For the data below, restate word for word only the lines from the line containing "-- ===== src/Pos/Error.antt" through the line containing "refund_purse_key_unexpected_type : Error", both ends included.

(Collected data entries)

= = = =

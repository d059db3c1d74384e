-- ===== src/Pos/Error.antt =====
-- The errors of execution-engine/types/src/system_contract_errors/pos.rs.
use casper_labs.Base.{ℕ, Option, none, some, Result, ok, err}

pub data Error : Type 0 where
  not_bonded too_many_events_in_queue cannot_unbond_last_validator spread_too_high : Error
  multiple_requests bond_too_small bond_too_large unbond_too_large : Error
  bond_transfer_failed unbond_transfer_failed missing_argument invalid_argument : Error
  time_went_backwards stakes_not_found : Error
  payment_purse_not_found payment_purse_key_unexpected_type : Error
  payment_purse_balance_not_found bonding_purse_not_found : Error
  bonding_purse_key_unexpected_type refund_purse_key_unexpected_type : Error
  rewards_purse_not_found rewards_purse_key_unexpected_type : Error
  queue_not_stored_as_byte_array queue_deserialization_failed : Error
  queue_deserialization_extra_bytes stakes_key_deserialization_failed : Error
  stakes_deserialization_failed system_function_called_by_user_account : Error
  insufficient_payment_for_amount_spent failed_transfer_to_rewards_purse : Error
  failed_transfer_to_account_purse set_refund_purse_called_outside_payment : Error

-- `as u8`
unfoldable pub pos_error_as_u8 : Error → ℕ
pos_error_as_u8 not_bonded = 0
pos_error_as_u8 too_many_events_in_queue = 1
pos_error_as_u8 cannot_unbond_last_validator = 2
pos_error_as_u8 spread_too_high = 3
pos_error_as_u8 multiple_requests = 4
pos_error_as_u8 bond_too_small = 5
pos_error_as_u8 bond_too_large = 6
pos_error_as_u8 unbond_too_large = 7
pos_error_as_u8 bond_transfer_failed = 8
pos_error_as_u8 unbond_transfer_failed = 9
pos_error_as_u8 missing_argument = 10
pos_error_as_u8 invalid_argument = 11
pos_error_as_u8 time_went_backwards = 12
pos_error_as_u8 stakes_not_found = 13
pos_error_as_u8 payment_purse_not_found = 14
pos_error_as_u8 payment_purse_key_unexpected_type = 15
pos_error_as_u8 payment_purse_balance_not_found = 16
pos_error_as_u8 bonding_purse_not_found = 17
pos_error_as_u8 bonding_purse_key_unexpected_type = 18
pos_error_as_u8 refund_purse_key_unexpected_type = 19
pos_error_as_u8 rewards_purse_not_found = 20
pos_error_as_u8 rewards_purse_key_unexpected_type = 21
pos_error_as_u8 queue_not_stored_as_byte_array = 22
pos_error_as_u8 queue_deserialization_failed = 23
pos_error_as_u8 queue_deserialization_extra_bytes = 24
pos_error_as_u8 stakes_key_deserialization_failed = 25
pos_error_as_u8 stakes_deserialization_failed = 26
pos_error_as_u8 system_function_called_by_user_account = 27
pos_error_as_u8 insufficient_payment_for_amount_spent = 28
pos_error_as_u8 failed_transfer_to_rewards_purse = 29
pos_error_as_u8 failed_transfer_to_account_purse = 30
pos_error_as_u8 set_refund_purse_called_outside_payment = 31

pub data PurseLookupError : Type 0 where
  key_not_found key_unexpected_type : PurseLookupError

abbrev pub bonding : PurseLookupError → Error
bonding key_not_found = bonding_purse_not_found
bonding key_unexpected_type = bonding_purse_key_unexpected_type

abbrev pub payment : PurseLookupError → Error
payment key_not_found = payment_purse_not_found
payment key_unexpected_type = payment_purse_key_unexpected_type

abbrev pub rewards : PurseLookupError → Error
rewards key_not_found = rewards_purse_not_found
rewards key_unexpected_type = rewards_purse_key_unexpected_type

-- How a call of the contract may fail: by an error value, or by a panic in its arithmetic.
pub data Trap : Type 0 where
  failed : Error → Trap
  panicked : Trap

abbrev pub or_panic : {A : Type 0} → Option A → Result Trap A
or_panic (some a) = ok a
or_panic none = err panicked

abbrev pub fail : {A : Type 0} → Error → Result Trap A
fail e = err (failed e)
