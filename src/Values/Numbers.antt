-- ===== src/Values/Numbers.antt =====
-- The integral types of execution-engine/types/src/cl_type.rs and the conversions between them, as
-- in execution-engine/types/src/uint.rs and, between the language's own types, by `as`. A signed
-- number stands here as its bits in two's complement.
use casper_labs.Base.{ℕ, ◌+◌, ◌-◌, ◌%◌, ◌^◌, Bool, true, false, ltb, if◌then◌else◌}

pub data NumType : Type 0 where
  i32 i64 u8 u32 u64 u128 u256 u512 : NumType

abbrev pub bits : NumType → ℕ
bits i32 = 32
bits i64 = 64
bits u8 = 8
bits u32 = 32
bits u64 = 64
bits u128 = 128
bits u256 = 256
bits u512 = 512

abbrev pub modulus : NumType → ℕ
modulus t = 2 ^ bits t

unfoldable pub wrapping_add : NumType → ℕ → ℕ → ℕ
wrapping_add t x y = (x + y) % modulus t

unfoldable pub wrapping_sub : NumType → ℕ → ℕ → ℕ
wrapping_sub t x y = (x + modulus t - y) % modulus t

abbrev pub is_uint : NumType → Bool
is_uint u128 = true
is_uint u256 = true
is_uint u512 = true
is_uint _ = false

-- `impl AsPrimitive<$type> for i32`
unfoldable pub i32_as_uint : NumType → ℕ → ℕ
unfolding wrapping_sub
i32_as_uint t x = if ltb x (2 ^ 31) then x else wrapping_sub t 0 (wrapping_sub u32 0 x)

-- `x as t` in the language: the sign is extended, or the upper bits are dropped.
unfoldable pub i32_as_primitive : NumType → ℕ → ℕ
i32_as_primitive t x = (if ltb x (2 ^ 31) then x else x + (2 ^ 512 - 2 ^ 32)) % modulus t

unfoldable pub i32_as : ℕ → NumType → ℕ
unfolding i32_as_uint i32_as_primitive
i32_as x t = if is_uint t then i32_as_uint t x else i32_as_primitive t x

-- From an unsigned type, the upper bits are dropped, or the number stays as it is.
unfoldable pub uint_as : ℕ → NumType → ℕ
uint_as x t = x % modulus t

= = = =

- RESPONSE
-- ===== src/Pos/Error.antt =====
-- The errors of execution-engine/types/src/system_contract_errors/pos.rs.
use casper_labs.Base.{ℕ, Option, none, some, Result, ok, err}

pub data Error : Type 0 where
  not_bonded too_many_events_in_queue cannot_unbond_last_validator spread_too_high : Error
  multiple_requests bond_too_small bond_too_large unbond_too_large : Error
  bond_transfer_failed unbond_transfer_failed missing_argument invalid_argument : Error
  time_went_backwards stakes_not_found : Error
  payment_purse_not_found payment_purse_key_unexpected_type : Error
  payment_purse_balance_not_found bonding_purse_not_found : Error
  bonding_purse_key_unexpected_type refund_purse_key_unexpected_type : Error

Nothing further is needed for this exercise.